= RECORDS =
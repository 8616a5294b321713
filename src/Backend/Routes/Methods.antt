-- ===== src/Backend/Routes/Methods.antt =====
-- The methods of the client before the routes of the server.
use nexus_cloud_identity_acc.Common.{String, Option, none, some, List, [], ◌∷◌, map, ◌≡◌, refl}
use nexus_cloud_identity_acc.Browser.{Action, Env, HttpRequest}
use nexus_cloud_identity_acc.Types.{NewPolicy, AccessCheckRequest}
use nexus_cloud_identity_acc.Api.{request}
use nexus_cloud_identity_acc.Api
use nexus_cloud_identity_acc.Backend.Routes.{
  Endpoint, health, register, login, me, mfa_setup, mfa_verify, admin_only, user_or_admin,
  list_users, list_policies, create_policy, check_access, route_for,
}
use nexus_cloud_identity_acc.Backend.Routes.Requests.{recorder, tab}

-- the handlers that the requests of a method reach
abbrev pub reached :
    {T : Type 0} → Option String → Action (Env (List HttpRequest)) T → List (Option Endpoint)
reached token method =
    map (λ req. elim (route_for req) [ none ↦ none | some r ↦ some r.endpoint ])
      (method (tab token)).1.world

-- Every method of the client whose path does not depend on its arguments reaches the handler of its name,
-- with the HTTP method of that route, whatever the token and the arguments.
pub methods-reached :
    (token : Option String) (username password role digits : String) (rule : NewPolicy)
    (req : AccessCheckRequest)
    → (reached token (Api.register recorder username password role) ≡ some register ∷ [])
      × (reached token (Api.login recorder username password) ≡ some login ∷ [])
      × (reached token (Api.get_me recorder) ≡ some me ∷ [])
      × (reached token (Api.get_admin_only recorder) ≡ some admin_only ∷ [])
      × (reached token (Api.get_user_or_admin recorder) ≡ some user_or_admin ∷ [])
      × (reached token (Api.list_users recorder) ≡ some list_users ∷ [])
      × (reached token (Api.list_policies recorder) ≡ some list_policies ∷ [])
      × (reached token (Api.create_policy recorder rule) ≡ some create_policy ∷ [])
      × (reached token (Api.check_access recorder req) ≡ some check_access ∷ [])
      × (reached token (Api.setup_mfa recorder) ≡ some mfa_setup ∷ [])
      × (reached token (Api.verify_mfa recorder digits) ≡ some mfa_verify ∷ [])
      × (reached token (Api.check_health recorder) ≡ some health ∷ [])
unfolding route_for request Api.register Api.login Api.get_me Api.get_admin_only
    Api.get_user_or_admin Api.list_users Api.list_policies Api.create_policy Api.check_access
    Api.setup_mfa Api.verify_mfa Api.check_health
methods-reached token username password role digits rule req =
    (refl, refl, refl, refl, refl, refl, refl, refl, refl, refl, refl, refl)
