-- ===== src/Backend/Totp/Drift.antt =====
-- Which codes are accepted, and how far the two clocks may be apart.
use Prim.Native.String
use text.Mathlib.TextPositions.{len-append}
use mathlib.Core.List.{Memᴰ}
use nexus_cloud_identity_acc.Common.{
  ℕ, zero, suc, ◌+◌, ◌/◌, ◌%◌, ◌≤◌, ◌<◌, String, true, some, List, [], ◌∷◌, ◌==◌, ◌≡◌, refl, ap,
  sym, ◌∙◌, ◌↔◌, ◌⊎◌, inl, inr, length, arith, digit, if◌then◌else◌, eq_iff, eq_refl, Bool-cases,
}
use nexus_cloud_identity_acc.Backend.Totp.{
  hotp, generate_totp, verify_totp, verify_from, window, zero_padded, uint32_at, last_or, truncated,
  word, code_of, big_endian, totp_time_step,
}
use nexus_cloud_identity_acc.Backend.Integers.{len-digit}

len-zero_padded : (d n : ℕ) → String.len (zero_padded d n) ≡ d
unfolding zero_padded
len-zero_padded zero n = refl
len-zero_padded (suc d) n = omega (
  arith,
  len-append (zero_padded d (n / 10)) (digit (n % 10)),
  len-digit (n % 10),
  len-zero_padded d (n / 10),
)

pub uint32_at_total :
    (offset : ℕ) (h : List ℕ) → offset + 4 ≤ length h → (v : ℕ) × (uint32_at offset h ≡ some v)
uint32_at_total zero (a ∷ b ∷ c ∷ d ∷ rest) l = (_, refl)
uint32_at_total zero [] l = let x : ⊥ = omega arith in elim x [ ]
uint32_at_total zero (a ∷ []) l = let x : ⊥ = omega arith in elim x [ ]
uint32_at_total zero (a ∷ b ∷ []) l = let x : ⊥ = omega arith in elim x [ ]
uint32_at_total zero (a ∷ b ∷ c ∷ []) l = let x : ⊥ = omega arith in elim x [ ]
uint32_at_total (suc n) [] l = let x : ⊥ = omega arith in elim x [ ]
uint32_at_total (suc n) (x ∷ xs) l = uint32_at_total n xs (omega arith)

truncated_total :
    (h : List ℕ)
    → length h ≡ 20
    → (code : String) × (truncated 6 h ≡ some code) × (String.len code ≡ 6)
truncated_total [] l = let x : ⊥ = omega arith in elim x [ ]
truncated_total (x ∷ xs) l =
    let (v, e) = uint32_at_total (last_or x xs % 16) (x ∷ xs) (omega arith) in
    (_, ap (code_of 6) e, len-zero_padded 6 _)

-- `sha1.Size` is 20.
module _ (hmac_sha1 : (key message : List ℕ) → List ℕ)
    (size : (key message : List ℕ) → length (hmac_sha1 key message) ≡ 20) where
  -- The hash is long enough for every offset, and a code has six digits.
  pub hotp_total :
      (key : List ℕ) (counter : ℕ)
      → (code : String) × (hotp hmac_sha1 key counter 6 ≡ some code) × (String.len code ≡ 6)
  unfolding hotp
  hotp_total key counter =
      truncated_total (hmac_sha1 key (big_endian 8 counter)) (size key (big_endian 8 counter))

  -- the loop accepts a code of one of the counters
  verify_from_sound :
      (key : List ℕ) (code : String) (cs : List ℕ)
      → verify_from hmac_sha1 key code cs ≡ some true
      → (c : ℕ) × Memᴰ c cs × (hotp hmac_sha1 key c 6 ≡ some code)
  unfolding verify_from
  verify_from_sound key code [] h = cc h
  verify_from_sound key code (c ∷ cs) h =
      let (expected, made, six) = hotp_total key c in
      let k : (if expected == code then some true else verify_from hmac_sha1 key code cs)
          ≡ some true =
        rw (made, verify_from) at h in
      elim (Bool-cases (expected == code)) [
        | inl same ↦ (c, Memᴰ.head refl, made ∙ ap some ((eq_iff expected code).0 same))
        | inr other ↦
            let (d, there, e) = verify_from_sound key code cs (rw other at k) in
            (d, Memᴰ.tail there, e)
      ]

  verify_from_complete :
      (key : List ℕ) (code : String) (c : ℕ) (cs : List ℕ)
      → Memᴰ c cs
      → hotp hmac_sha1 key c 6 ≡ some code
      → verify_from hmac_sha1 key code cs ≡ some true
  unfolding verify_from
  verify_from_complete key code c [] m e = elim m [ ]
  verify_from_complete key code c (d ∷ cs) (Memᴰ.head q) e =
      rw (ap (λ k. hotp hmac_sha1 key k 6) (sym q) ∙ e, verify_from) (rw (eq_refl code) refl)
  verify_from_complete key code c (d ∷ cs) (Memᴰ.tail m) e =
      let (expected, made, six) = hotp_total key d in
      rw (made, verify_from) (ground (arith, verify_from_complete key code c cs m e))

  -- Verification never panics, and accepts a code exactly when it is the code of the current time step, of
  -- the one before, or of the one after, with the counter computed modulo 2 ^ 64.
  pub verify_totp_iff :
      (key : List ℕ) (code : String) (at : ℕ)
      → (verify_totp hmac_sha1 key code at ≡ some true)
        ↔ ((c : ℕ) × Memᴰ c (window (at / totp_time_step)) × (hotp hmac_sha1 key c 6 ≡ some code))
  unfolding verify_totp
  verify_totp_iff key code at = (
    verify_from_sound key code (window (at / totp_time_step)),
    λ (c, m, e). verify_from_complete key code c (window (at / totp_time_step)) m e,
  )

  in_window : (c d : ℕ) → c < word → d < word → c ≤ d + 1 → d ≤ c + 1 → Memᴰ c (window d)
  in_window c d cw dw l h = elim (three c d l h) [
    | inl before ↦ Memᴰ.head (omega arith)
    | inr (inl same) ↦ Memᴰ.tail (Memᴰ.head (omega arith))
    | inr (inr after) ↦ Memᴰ.tail (Memᴰ.tail (Memᴰ.head (omega arith)))
  ]
    where
      three : (c d : ℕ) → c ≤ d + 1 → d ≤ c + 1 → (d ≡ c + 1) ⊎ ((c ≡ d) ⊎ (c ≡ d + 1))
      three c d l h = ground arith

  -- Every code that is generated has six digits, and is accepted at any time up to 30 seconds earlier or
  -- later.
  pub generate_totp-verify_totp :
      (key : List ℕ) (at at' : ℕ)
      → at ≤ at' + 30
      → at' ≤ at + 30
      → at + 30 < word
      → (code : String) × (generate_totp hmac_sha1 key at ≡ some code)
        × (String.len code ≡ 6)
        × (verify_totp hmac_sha1 key code at' ≡ some true)
  unfolding generate_totp
  generate_totp-verify_totp key at at' early late small =
      let (code, made, six) = hotp_total key (at / totp_time_step) in
      (
        code,
        made,
        six,
        (verify_totp_iff key code at').1 (
          at / totp_time_step,
          in_window (at / totp_time_step) (at' / totp_time_step) (omega arith) (omega arith)
              (omega arith) (omega arith),
          made,
        ),
      )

= INSTRUCTIONS FOR THE TASK =
All that belongs in your answer is the stretch of entries above from the line with "rw (made, verify_from) (ground" through the line with "at + 30 < word", printed exactly.

= TASK ANSWER =
      rw (made, verify_from) (ground (arith, verify_from_complete key code c cs m e))

  -- Verification never panics, and accepts a code exactly when it is the code of the current time step, of
  -- the one before, or of the one after, with the counter computed modulo 2 ^ 64.
  pub verify_totp_iff :
      (key : List ℕ) (code : String) (at : ℕ)
      → (verify_totp hmac_sha1 key code at ≡ some true)
        ↔ ((c : ℕ) × Memᴰ c (window (at / totp_time_step)) × (hotp hmac_sha1 key c 6 ≡ some code))
  unfolding verify_totp
  verify_totp_iff key code at = (
    verify_from_sound key code (window (at / totp_time_step)),
    λ (c, m, e). verify_from_complete key code c (window (at / totp_time_step)) m e,
  )

  in_window : (c d : ℕ) → c < word → d < word → c ≤ d + 1 → d ≤ c + 1 → Memᴰ c (window d)
  in_window c d cw dw l h = elim (three c d l h) [
    | inl before ↦ Memᴰ.head (omega arith)
    | inr (inl same) ↦ Memᴰ.tail (Memᴰ.head (omega arith))
    | inr (inr after) ↦ Memᴰ.tail (Memᴰ.tail (Memᴰ.head (omega arith)))
  ]
    where
      three : (c d : ℕ) → c ≤ d + 1 → d ≤ c + 1 → (d ≡ c + 1) ⊎ ((c ≡ d) ⊎ (c ≡ d + 1))
      three c d l h = ground arith

  -- Every code that is generated has six digits, and is accepted at any time up to 30 seconds earlier or
  -- later.
  pub generate_totp-verify_totp :
      (key : List ℕ) (at at' : ℕ)
      → at ≤ at' + 30
      → at' ≤ at + 30
      → at + 30 < word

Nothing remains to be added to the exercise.